# warum sind die buffed server so kacke?



## *den21* (Gast) (19. Januar 2007)

Hi,

eigentlich tolle Community, wenn die Server auch mal für die Leute zu erreichen wären die den ganzen Tag arbeiten gehen und dann Abends mal zocken wollen!!


----------



## Dilius (19. Januar 2007)

bin hier auch angemeldet  


			Dieser Inhalt steht nur eingeloggten Mitgliedern zur Verfügung.


----------



## Len (19. Januar 2007)

*handheb* Ja, kann mich euch Beiden nur anschliessen.
Abends brauch ich gar keine URL von Buffed ansurfen... relativ sinnlos, ausser man kuckt da 5-10 Mins auf den Ladebalken in der Hoffnung, dass sich doch noch was tut ...

Interessant wäre aber, wieviele Hits gibts denn zur Primetime? 


			Dieser Inhalt steht nur eingeloggten Mitgliedern zur Verfügung.


----------



## Regnor (19. Januar 2007)

len schrieb:


> *handheb* Ja, kann mich euch Beiden nur anschliessen.
> Abends brauch ich gar keine URL von Buffed ansurfen... relativ sinnlos, ausser man kuckt da 5-10 Mins auf den Ladebalken in der Hoffnung, dass sich doch noch was tut ...
> 
> Interessant wäre aber, wieviele Hits gibts denn zur Primetime?
> ...



Hallo, gestern abend gab es aufgrund eines Stromausfalls und Problemen mit einer USV bei unserem Hoster Serverausfälle.
Ansonsten haben wir vor kurzem unserere Serverfarm erweitert und haben auch jetzt schon mehrere neue Server geordert.

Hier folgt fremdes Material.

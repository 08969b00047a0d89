-- ===== src/Reactor/Calls/Invariant.antt =====
-- The invariant of EpollReactor: each descriptor has its own stub, each stub is in the table or waits for
-- its deletion, and one that waits has no listener.
use vpn_service_android.Common.{
  ℕ, suc, ◌≤◌, ◌≡◌, ◌⊎◌, [], ◌∷◌, ◌++◌, Option, none, some, Bool, true, false, arith, Bool-cases,
}
use vpn_service_android.Reactor.{convert_event, Listener, Stub, Reactor}
use vpn_service_android.Reactor.Table.{find, insert, erase, store}
use vpn_service_android.Reactor.Table.Laws.{
  has, IsOrdered, find-insert, find-erase, insert-IsOrdered, erase-IsOrdered, has-append,
}

abbrev pub fd_of : Option Stub → Option ℕ
fd_of none = none
fd_of (some s) = some s.fd

abbrev pub no_listener : Option Listener → Bool
no_listener none = true
no_listener (some l) = false

-- An allocated stub without a listener.
abbrev pub is_silent : Option Stub → Bool
is_silent none = false
is_silent (some s) = no_listener s.listener

-- The stub of a descriptor in the table.
abbrev pub IsTabled : Reactor → ℕ → ℕ → Type 0
IsTabled r fd a = (fd_of (r.heap a) ≡ some fd) × (has a r.deleted ≡ false)

abbrev pub IsOwned : Reactor → ℕ → Stub → Type 0
IsOwned r a s =
    (s.mask ≡ convert_event s.events) × ((find s.fd r.table ≡ some a) ⊎ (has a r.deleted ≡ true))

pub record IsReactor (r : Reactor) : Type 0 where
  pub ordered : IsOrdered r.table
  pub tabled : (fd a : ℕ) → find fd r.table ≡ some a → IsTabled r fd a
  pub waits : (a : ℕ) → has a r.deleted ≡ true → is_silent (r.heap a) ≡ true
  pub recent : (a : ℕ) → r.fresh ≤ a → r.heap a ≡ none
  pub owned : (a : ℕ) (s : Stub) → r.heap a ≡ some s → IsOwned r a s

-- Writing a stub of the table, with its descriptor kept.
pub store-IsReactor :
    (r : Reactor) (a : ℕ) (s : Stub)
    → IsReactor r
    → find s.fd r.table ≡ some a
    → s.mask ≡ convert_event s.events
    → IsReactor (record r { heap = store r.heap a (some s) })
unfolding store
store-IsReactor r a s v f m = record {
  ordered = v.ordered;
  tabled = λ fd b e. ground (arith, v.tabled fd b e, v.tabled s.fd a f);
  waits = λ b e. ground (arith, v.waits b e, v.tabled s.fd a f);
  recent = λ b l. ground (arith, v.recent b l, v.tabled s.fd a f);
  owned = λ b t e. ground (arith, v.owned b t);
}

-- The last events of a descriptor are removed.
pub retire-IsReactor :
    (r : Reactor) (a : ℕ) (s : Stub)
    → IsReactor r
    → find s.fd r.table ≡ some a
    → s.mask ≡ convert_event s.events
    → s.listener ≡ none
    → IsReactor (record r {
      heap = store r.heap a (some s);
      deleted = r.deleted ++ a ∷ [];
      table = erase s.fd r.table;
    })
unfolding store
retire-IsReactor r a s v f m l = record {
  ordered = erase-IsOrdered s.fd r.table v.ordered;
  tabled = λ fd b e. ground (
    arith,
    v.tabled fd b,
    v.tabled s.fd a f,
    find-erase s.fd fd r.table v.ordered,
    has-append b a r.deleted,
  );
  waits = λ b e. ground (arith, v.waits b, has-append b a r.deleted);
  recent = λ b h. ground (arith, v.recent b h, v.tabled s.fd a f);
  owned = λ b t e.
      ground (arith, v.owned b t, find-erase s.fd t.fd r.table v.ordered, has-append b a r.deleted);
}

-- A descriptor that was not in the table gets a stub at a new address.
pub grow-IsReactor :
    (r : Reactor) (s : Stub)
    → IsReactor r
    → find s.fd r.table ≡ none
    → s.mask ≡ convert_event s.events
    → IsReactor (record r {
      heap = store r.heap r.fresh (some s);
      fresh = suc r.fresh;
      table = insert s.fd r.fresh r.table;
    })
unfolding store
grow-IsReactor r s v f m = record {
  ordered = insert-IsOrdered s.fd r.fresh r.table f v.ordered;
  tabled = λ fd b e. ground (
    arith,
    v.tabled fd b,
    v.recent b,
    v.waits b,
    Bool-cases (has b r.deleted),
    find-insert s.fd r.fresh fd r.table f,
  );
  waits = λ b e. ground (arith, v.waits b, v.recent b);
  recent = λ b h. ground (arith, v.recent b);
  owned = λ b t e. ground (arith, v.owned b t, find-insert s.fd r.fresh t.fd r.table f, v.recent b);
}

Ergo, die Server sind ansich nicht "kacke" sondern auch aufgrund des Useranstiegs teilweise stark ausgelastet. Aber für abhilfe wird gesorgt.

Gruß Reg


----------



## Dilius (19. Januar 2007)

Regnor schrieb:


> Hallo, gestern abend gab es aufgrund eines Stromausfalls und Problemen mit einer USV bei unserem Hoster Serverausfälle.
> Ansonsten haben wir vor kurzem unserere Serverfarm erweitert und haben auch jetzt schon mehrere neue Server geordert.
> 
> Ergo, die Server sind ansich nicht "kacke" sondern auch aufgrund des Useranstiegs teilweise stark ausgelastet. Aber für abhilfe wird gesorgt.
> ...




sollte ja auch nicht böse gemeint sein ^^  na ja dann mal sehen ob besserung eintrifft


----------



## Pfotenhauer (19. Januar 2007)

Ich bekomm auch seit ein paar tagen des häufigeren solche meldungen(seitenname:IPS Driver Error):



> mySQL query error: SELECT c.uid,c.name,c.tstamp,c.comment,m.members_display_name as mname,m.id as user_id, c.deleted, m.mgroup
> FROM buffed_comments c
> LEFT OUTER JOIN ibf_members m ON (m.id=c.member_id)
> WHERE object_type='i'
> ...



oder Zeitüberschreitungsfehler.
Das ganze häuft sich je später der Tag ist. Ich hoffe das es sich in den nächsten Wochen einpegelt 


			Dieser Inhalt steht nur eingeloggten Mitgliedern zur Verfügung.


----------



## HerrK (19. Januar 2007)

Ich hoffe auch das sich die Stabilität der Server verbessert,
ist echt frustrierend wenn man Abends die Seite nicht mehr erreichen kann...egal wie oft man es versucht!
Aber denke mal der Run auf BC und somit das vermehrte Interesse trägt seinen Teil dazu bei.
Also abwarten und auf das buffed-Team hoffen........


----------



## Maireen (22. Januar 2007)

ohja vorallem seit bc isses echt extrem, ich brauch (wenn ich überhaupt auf die seite komm) im schnitt 2 minuten bis sich was öffnet...das is extrem doof  


			Dieser Inhalt steht nur eingeloggten Mitgliedern zur Verfügung.
        

 
hoffen wir das es bald besser wird, find die Plattform nämlich ansonsten echt klasse.


----------



## Maverick_GER (24. Januar 2007)

Die Suchfunktion der Datenbank für zum Beispiel Schwerter, Schmuck, Rüstungen usw. funktioniert leider auch nicht mehr. 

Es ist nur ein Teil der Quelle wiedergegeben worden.